Glean gives us some great metric types to measure samples of things like time and size such as TimingDistributionMetrics and MemoryDistributionMetrics. Both of these metric types allow us to specify a resolution that we care about so that they can “bucket” up the samples into meaningfully sized chunks to create a sparse payload of data to keep things lean. These metric types also provide a “sum” so we can calculate an average from all the samples collected. When we sum these samples across the population, we end up with a histogram like the following, where measurements collected are on the x-axis, and the counts or occurrences of those measurements on the y-axis:
This is a little limited because we can only look at the point in time of the data as a single dimension, whether that’s aggregated by time such as per day/week/year or aggregated on something else like the version of the Nimbus SDK or application. We can’t really see the change over time or version to see if something we added really impacted our performance. Ideally, we wanted to see how Nimbus performed compared to other versions or other weeks. When I asked around for good representations to show something like this, it was suggested that something like a ridgeline chart would be a great visualization for this sort of data:
Ridgeline charts give us a great idea of how the distribution changes, but unfortunately I ran into a little setback when I found out that the tools we use don’t currently have a view like that, so I may be stuck in a bit of a compromise until it does. Here is another visualization example, this time with the data stacked on top of each other:
Even though something like this is much harder to read than the ridgeline, we still can see some change from one version to the next, just picking out the sequence becomes much harder. So I’m still left with a little bit of an issue with representing the performance data the way that we wanted. I think it’s at least something that can be iterated on to be more usable in the future, perhaps using something similar to GLAM’s visualization of percentiles of a histogram.

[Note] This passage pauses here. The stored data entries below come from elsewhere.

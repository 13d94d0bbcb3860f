-- ===== src/Chatstate/Failures.antt =====
-- gateway/internal/chatstate/store.go: the errors that its operations return.
use codex_runtime.Base.{String, Text, [], true, false}
use codex_runtime.Domain.{
  GatewayError, GatewayErrorReason, GatewayErrorCode, invalid_argument, failed_precondition,
  aborted, exhausted, unavailable,
}
use codex_runtime.Chatstate.Types.{
  Scope, RunScope, IdempotencyScope, Cursor, ReplayError, unavailable_after_restart, cursor_evicted,
  out_of_range,
}

-- The fields that every failure of a chat sets; the others keep their zero values.
chat_failure : GatewayErrorCode → GatewayErrorReason → String → Text → Text → GatewayError
chat_failure code reason message session_group_id chat_id = record {
  code = code;
  details = record {
    reason = reason;
    display_message = message;
    task_id = [];
    session_group_id = session_group_id;
    client_message_id = [];
    client_response_id = [];
    pending_request_id = [];
    thread_id = chat_id;
    retryable = false;
  };
}

unfoldable pub invalid_request : String → Scope → GatewayError
unfolding chat_failure
invalid_request message scope =
    chat_failure invalid_argument GatewayErrorReason.invalid_request message scope.session_group_id
      scope.chat_id

unfoldable pub resource_exhausted : String → Scope → GatewayError
unfolding chat_failure
resource_exhausted message scope =
    chat_failure exhausted GatewayErrorReason.resource_exhausted message scope.session_group_id
      scope.chat_id

unfoldable pub already_running : RunScope → GatewayError
unfolding chat_failure
already_running scope =
    chat_failure failed_precondition GatewayErrorReason.already_running
      "chat already has active run" scope.session_group_id scope.chat_id

retryable : GatewayError → GatewayError
retryable e = record e { details = record (e.details) { retryable = true } }

about_request : Text → GatewayError → GatewayError
about_request id e = record e { details = record (e.details) { pending_request_id = id } }

unfoldable pub unknown_active_run : RunScope → GatewayError
unfolding chat_failure retryable
unknown_active_run scope = retryable (
    chat_failure failed_precondition GatewayErrorReason.invalid_request
      "active run correlation is unavailable" scope.session_group_id scope.chat_id)

unfoldable pub pending_unavailable : RunScope → Text → GatewayError
unfolding chat_failure retryable about_request
pending_unavailable scope id = about_request id (
    retryable (
      chat_failure unavailable GatewayErrorReason.pending_unavailable_after_restart
        "pending correlation is unavailable in this gateway process" scope.session_group_id
        scope.chat_id))

unfoldable pub pending_already_resolved : RunScope → Text → GatewayError
unfolding chat_failure about_request
pending_already_resolved scope id = about_request id (
    chat_failure failed_precondition GatewayErrorReason.pending_request_already_resolved
      "pending request is not active" scope.session_group_id scope.chat_id)

unfoldable pub idempotency_scope_mismatch : IdempotencyScope → GatewayError
unfolding chat_failure
idempotency_scope_mismatch scope =
    chat_failure aborted GatewayErrorReason.idempotency_scope_mismatch
      "idempotency key was reused with a different safe scope" scope.session_group_id scope.chat_id

unfoldable pub idempotency_unavailable : IdempotencyScope → GatewayError
unfolding chat_failure retryable
idempotency_unavailable scope = retryable (
    chat_failure unavailable GatewayErrorReason.idempotency_unavailable_after_restart
      "idempotency record is unavailable in this gateway process" scope.session_group_id
      scope.chat_id)

unfoldable pub replay_unavailable_after_restart : Cursor → ReplayError
replay_unavailable_after_restart cursor = record {
  kind = unavailable_after_restart;
  cursor = cursor;
  message = "replay is unavailable in this gateway process";
}

unfoldable pub replay_cursor_evicted : Cursor → ReplayError
replay_cursor_evicted cursor = record {
  kind = cursor_evicted;
  cursor = cursor;
  message = "the requested chat event cursor is no longer buffered";
}

unfoldable pub replay_out_of_range : Cursor → ReplayError
replay_out_of_range cursor = record {
  kind = out_of_range;
  cursor = cursor;
  message = "the requested chat event cursor is outside the buffered range";
}
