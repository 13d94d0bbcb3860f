-- ===== src/Chatstate/Keys.antt =====
-- gateway/internal/chatstate/store.go: the keys of the store's maps, the checks of scopes, and
-- the truncation of labels.
pub mod Injective
use codex_runtime.Base.{
  ℕ, Text, text_eq, Bool, true, false, ◌&&◌, ◌||◌, Option, none, some, [], ◌∷◌, ◌++◌, length, take,
  leb, if◌then◌else◌,
}
use codex_runtime.Domain.{GatewayError}
use codex_runtime.Chatstate.Types.{
  Scope, RunScope, RunState, completed, failed, interrupted, IdempotencyScope, PendingStatus,
  active, claimed,
}
use codex_runtime.Chatstate.Failures.{invalid_request}

-- `a + "\x00" + b`
infixr 65 ◌⊕◌
abbrev pub ◌⊕◌ : Text → Text → Text
a ⊕ b = a ++ (0 ∷ b)

unfoldable pub active_run_key : Scope → Text
active_run_key scope = scope.session_group_id ⊕ (scope.workspace_id ⊕ scope.chat_id)

unfoldable pub replay_key : RunScope → Text
unfolding active_run_key
replay_key scope = active_run_key scope.scope ⊕ scope.run_id

unfoldable pub pending_key : RunScope → Text → Text
unfolding replay_key
pending_key scope pending_request_id = replay_key scope ⊕ pending_request_id

unfoldable pub idempotency_key : IdempotencyScope → Text
idempotency_key scope = scope.session_group_id ⊕ (scope.workspace_id ⊕ (scope.chat_id ⊕ scope.key))

unfoldable pub active_run_reservation_key : IdempotencyScope → Text
active_run_reservation_key scope =
    scope.operation
    ⊕ (scope.session_group_id
        ⊕ (scope.workspace_id
            ⊕ (scope.chat_id ⊕ (scope.pending_request_id ⊕ (scope.client_message_id ⊕ scope.key)))))

abbrev pub is_empty : Text → Bool
is_empty [] = true
is_empty (_ ∷ _) = false

-- The error to return, if any.
unfoldable pub validate_run_scope : RunScope → Option GatewayError
validate_run_scope scope =
    if is_empty scope.session_group_id
      || is_empty scope.workspace_id
      || is_empty scope.chat_id
      || is_empty scope.run_id
    then some
        (invalid_request "session group, workspace, chat, and run ids are required" scope.scope)
    else none

-- The scope of the chat that a request with an idempotency key is about.
abbrev pub chat_scope : IdempotencyScope → Scope
chat_scope scope = record {
  session_group_id = scope.session_group_id;
  workspace_id = scope.workspace_id;
  chat_id = scope.chat_id;
}

unfoldable pub validate_idempotency_scope : IdempotencyScope → Option GatewayError
validate_idempotency_scope scope =
    if is_empty scope.operation
      || is_empty scope.session_group_id
      || is_empty scope.workspace_id
      || is_empty scope.key
    then some (
        invalid_request "operation, session group, workspace, and idempotency key are required"
          (chat_scope scope))
    else none

-- `existing.Scope != scope`, negated: Go compares structs field by field.
unfoldable pub same_scope : IdempotencyScope → IdempotencyScope → Bool
same_scope a b =
    text_eq a.operation b.operation
    && text_eq a.session_group_id b.session_group_id
    && text_eq a.workspace_id b.workspace_id
    && text_eq a.chat_id b.chat_id
    && text_eq a.pending_request_id b.pending_request_id
    && text_eq a.client_message_id b.client_message_id
    && text_eq a.key b.key

abbrev pub is_terminal_run_state : RunState → Bool
is_terminal_run_state completed = true
is_terminal_run_state failed = true
is_terminal_run_state interrupted = true
is_terminal_run_state _ = false

-- The test `Status == PendingStatusActive || Status == PendingStatusClaimed`, which occurs often.
abbrev pub is_open : PendingStatus → Bool
is_open active = true
is_open claimed = true
is_open _ = false

-- domain.MaxPublicIDBytes
abbrev pub max_public_id_bytes : ℕ
max_public_id_bytes = 128

unfoldable pub safe_label : Text → Text
safe_label value =
    if leb (length value) max_public_id_bytes then value else take max_public_id_bytes value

To conclude, I really learned the value of planning and thinking about telemetry design before instrumenting anything. The most important things to consider when designing a collection is what are you measuring, and what questions will you need to answer with the data. Both of those questions can affect not only which metric type you choose to represent your data, but where you want to measure something. Thinking about what questions you want to answer ahead of time allows you to be able to make sure that you are measuring the right things to be able to answer those questions. Planning before instrumenting can also help you to choose the right visualizations to make answering those questions easier, as well as being able to add things like alerts for when things aren’t quite right. So, take a little time to think about your telemetry collection ahead of instrumenting metrics, and don’t forget to validate the metrics once they are instrumented to ensure that they are, in fact, measuring what you think and expect. Plan ahead and I promise you, your data scientists will thank you.